For the real-time continuous model, you have to do tax and deductions, remittances. You have to produce a compliance-based statement. It's considered compliance payment of wages. The second model, the early access to earned wages where a partner typically subs the money not the employer and the partner takes the financial risk, that is not seen as payment of wages. That happens after next pay is remitted. The paying that back is not part of the payroll process. In that model, oftentimes employers don't even have to do anything. This need to access money early, whether it's the real-time on demand for certain industries that it fits well like the Uber and Lyft drivers, or whether it's low income workers who have an emergency, we at ADP feel that we have a responsibility to develop solutions that will provide greater financial opportunities for workers. We are exploring a number of new systems through which workers will be able to access their earned wages early before the next pay day. And we've had dozens of meetings in the last 12 months with regulators, legislators, and customer advocacy organizations to explore how these programs should be designed and overseen for the benefit of consumers.

FEI Daily: You mentioned that a lot of the changes that you're seeing in the space are resulting from generational shifts. How do you see the pandemic changing the way that we are thinking about payments today, and how do you see it further changing in the future?

Reany: These changes that we've seen the last few months have been incredibly swift. When this event started unfolding we, like most companies, first and foremost focused on the safety of our associates and then, of course, of our clients.

We took quick action to ensure that all of our associates could work from home and still provide our clients and partners with the support they needed. Because we have an obligation to ensure that 40 million workers around the world still got paid on time. People not only want to, but they need to get paid on time.

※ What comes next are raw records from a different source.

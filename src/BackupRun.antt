-- ===== src/BackupRun.antt =====
-- internal/backuprun: one backup run. Here are the types of run.go, with the sources of
-- internal/projects/sources.go and the findings of internal/projectanalyzer/types.go that a run
-- reads. A warning and an error of a run are the arguments of their format strings. An `int64` is
-- its 64-bit pattern, so sums wrap around. Times are numbers; fields that only the browser shows
-- (durations, evidence, labels) are left out.
pub mod Segment
pub mod Dumps
pub mod Consistency
pub mod Rows
pub mod Runner
pub mod Execute
mod Tests
use back_orbit.Base.{
  ℕ, ◌+◌, ◌-◌, ◌*◌, ◌%◌, ◌^◌, Bool, true, false, not, Option, none, some, List, Bytes, ltb, Result,
}

-- int64
abbrev pub add_int64 : ℕ → ℕ → ℕ
add_int64 a b = (a + b) % 2 ^ 64

abbrev pub sub_int64 : ℕ → ℕ → ℕ
sub_int64 a b = (a + 2 ^ 64 - b) % 2 ^ 64

-- Signed order: the sign bit is flipped.
abbrev pub lt_int64 : ℕ → ℕ → Bool
lt_int64 a b = ltb ((a + 2 ^ 63) % 2 ^ 64) ((b + 2 ^ 63) % 2 ^ 64)

pub data Status : Type 0 where
  running completed_with_warnings completed failed cancelled : Status

abbrev pub done : Status → Bool
done running = false
done _ = true

pub data Phase : Type 0 where
  preparing staging snapshotting verifying finished : Phase

pub data Trigger : Type 0 where
  manual scheduled : Trigger

pub data SourceKind : Type 0 where
  volume bind : SourceKind

pub record BackupSource : Type 0 where
  pub kind : SourceKind
  pub name : Bytes
  pub mounted_at : Bytes
  pub services : List Bytes
  pub skipped : Bytes

-- An error of something the run calls: its text, whether `errors.Is(err, context.Canceled)`, and
-- whether `backup.KindOf(err)` is `ErrKindCancelled`.
pub record ExternalError : Type 0 where
  pub text : Bytes
  pub is_canceled : Bool
  pub kind_is_cancelled : Bool

-- A database of a project, by service and technology.
pub data Warning : Type 0 where
  staged : SourceKind → Bytes → Bytes → Warning
  not_running : Bytes → Bytes → Warning
  not_exported : Bytes → Bytes → Bytes → Warning
  not_test_restored : Bytes → Bytes → Bytes → Warning
  did_not_load : Bytes → Bytes → Bytes → Warning
  copied_as_files : Bytes → List Bytes → Warning
  engine_warning : Bytes → Warning
  shortfall : ℕ → ℕ → ℕ → Warning

pub data RunError : Type 0 where
  no_error : RunError
  clearing_staging : Bytes → RunError
  staging_volume : Bytes → Bytes → RunError
  creating_snapshot : Bytes → RunError
  verifying_snapshot : Bytes → Bytes → RunError
  not_verified : Bytes → List Bytes → RunError
  recording_failed : Bytes → Bytes → RunError
  cancelled_early : RunError
  interrupted : RunError

pub record SqliteCapture : Type 0 where
  pub path : Bytes
  pub method : Bytes
  pub bytes : ℕ

pub record OwnershipEntry : Type 0 where
  pub path : Bytes
  pub uid : ℕ
  pub gid : ℕ
  pub mode : ℕ

pub record VolumeManifest : Type 0 where
  pub name : Bytes
  pub kind : SourceKind
  pub mounted_at : Bytes
  pub path_in_snapshot : Bytes
  pub files : ℕ
  pub bytes : ℕ
  pub ownership : List OwnershipEntry
  pub ownership_preserved : Bool
  pub sqlite_databases : List SqliteCapture
  pub warnings : List Bytes

pub data ProtectionLevel : Type 0 where
  exported consistent files_only : ProtectionLevel

pub record RestoreCheck : Type 0 where
  pub loaded : Bool
  pub objects : ℕ
  pub detail : Bytes

pub record DatabaseDump : Type 0 where
  pub technology : Bytes
  pub service : Bytes
  pub level : ProtectionLevel
  pub path : Bytes
  pub command : Bytes
  pub user : Bytes
  pub bytes : ℕ
  pub note : Bytes
  pub restore_check : Option RestoreCheck

pub record Manifest : Type 0 where
  pub schema_version : ℕ
  pub project : Bytes
  pub created_at : ℕ
  pub volumes : List VolumeManifest
  pub databases : List DatabaseDump

pub record Verification : Type 0 where
  pub is_ok : Bool
  pub checks : List Bytes
  pub errors : List Bytes
  pub files_listed : ℕ
  pub bytes_in_snapshot : ℕ

pub record Snapshot : Type 0 where
  pub id : Bytes
  pub run_id : Bytes
  pub repository_id : Bytes
  pub restic_snapshot_id : Bytes
  pub manifest : Manifest
  pub size_bytes : ℕ
  pub files_count : ℕ
  pub verified_at : Option ℕ
  pub verification : Verification
  pub created_at : ℕ

pub record Run : Type 0 where
  pub id : Bytes
  pub project_id : Bytes
  pub project_name : Bytes
  pub repository_id : Bytes
  pub repository_name : Bytes
  pub trigger : Trigger
  pub status : Status
  pub phase : Phase
  pub volumes : List Bytes
  pub verify_restores : Bool
  pub sources : List BackupSource
  pub files_total : ℕ
  pub bytes_total : ℕ
  pub bytes_added : ℕ
  pub warnings : List Warning
  pub error : RunError
  pub started_at : ℕ
  pub ended_at : Option ℕ
  pub created_at : ℕ
  pub snapshot : Option Snapshot

-- internal/projectanalyzer/types.go
pub data Confidence : Type 0 where
  confirmed probable possible : Confidence

pub record Finding : Type 0 where
  pub kind : Bytes
  pub technology : Bytes
  pub service : Bytes
  pub confidence : Confidence

-- internal/docker/types.go, as far as a run reads it
pub record Container : Type 0 where
  pub id : Bytes
  pub service : Bytes
  pub image : Bytes

-- internal/dbdump: what an exporter is asked and what it answers.
pub record Target : Type 0 where
  pub technology : Bytes
  pub service : Bytes
  pub container_id : Bytes
  pub user : Bytes
  pub password : Bytes

pub record Dump : Type 0 where
  pub technology : Bytes
  pub service : Bytes
  pub path : Bytes
  pub command : Bytes
  pub user : Bytes
  pub bytes : ℕ

-- Which exporter of internal/dbdump.
pub data Exporter : Type 0 where
  postgresql mysql mongodb : Exporter

-- internal/storage: what staging one source produced.
pub record Staged : Type 0 where
  pub files : ℕ
  pub bytes : ℕ
  pub ownership : List OwnershipEntry
  pub ownership_preserved : Bool
  pub sqlite_databases : List SqliteCapture
  pub warnings : List Bytes

-- internal/backup: what restic reported of a snapshot it wrote.
pub record SnapshotResult : Type 0 where
  pub snapshot_id : Bytes
  pub data_added : ℕ
  pub total_bytes : ℕ
  pub total_files : ℕ
  pub warnings : List Bytes

-- The points of a run where `ctx.Err()` is read; a staging step by the position of its source.
pub data Moment : Type 0 where
  before_source : ℕ → Moment
  after_staging : ℕ → Moment
  after_snapshot after_verification : Moment

-- The blueprint is read three times in a run.
pub data Reading : Type 0 where
  for_dumps for_manifest for_warnings : Reading

-- What the things a run calls answer. The n-th update of the run's row is `update_fails n`.
pub record Answers : Type 0 where
  pub has_blueprints : Bool
  pub has_docker : Bool
  pub blueprint : Reading → Option (List Finding)
  pub env_value : Bytes → Bytes → Result ExternalError Bytes
  pub exporter : Exporter → Target → Result ExternalError Dump
  pub verify_restorable : Bytes → Dump → Result ExternalError RestoreCheck
  pub clear_staging : Option ExternalError
  pub ctx_done : Moment → Bool
  pub stage : ℕ → BackupSource → Bytes → Result ExternalError Staged
  pub create_snapshot : List Bytes → Result ExternalError SnapshotResult
  pub verify_snapshot : Bytes → Result ExternalError Verification
  pub insert_snapshot_fails : Option ExternalError
  pub update_fails : ℕ → Bool
  pub verified_at : ℕ
  pub ended_at : ℕ
  pub uuid : Bytes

We've seen businesses around the world transform their organizations practically overnight. The whole event has many of us rethinking the way in which we work, especially as some economies start opening and start thinking about returning to work places. Many businesses and their workers are trying to keep up with the emerging realities of the situation. Some are retraining and redeploying workers to adapt to this current environment that are we in.

With the weight of the recovery regulations that we’re seeing in the US specifically, including the Paycheck Protection Program, businesses are having to navigate unprecedented territory. And it's led to a greater need for expertise in pay, as well as compliance.

FEI Daily: What will all of these changes will mean for senior-level financial executives?

Reany: These emerging realities that we’re facing right now are accelerating the pace of change. It's redefining the future of work. And, so, the senior executives need to wrap their head around the fact that the future of work is forever changed now that we all suddenly had to enable remote work. The future of work, office space, your call centers, how they operate, we've leapfrogged into the future of work.

We've seen greater focus on the financial realities that people are facing and shifting priorities that are having a profound impact on businesses. Executives have to think about the low-income workers. People still getting paid by check, business processes that are still paper and not digital.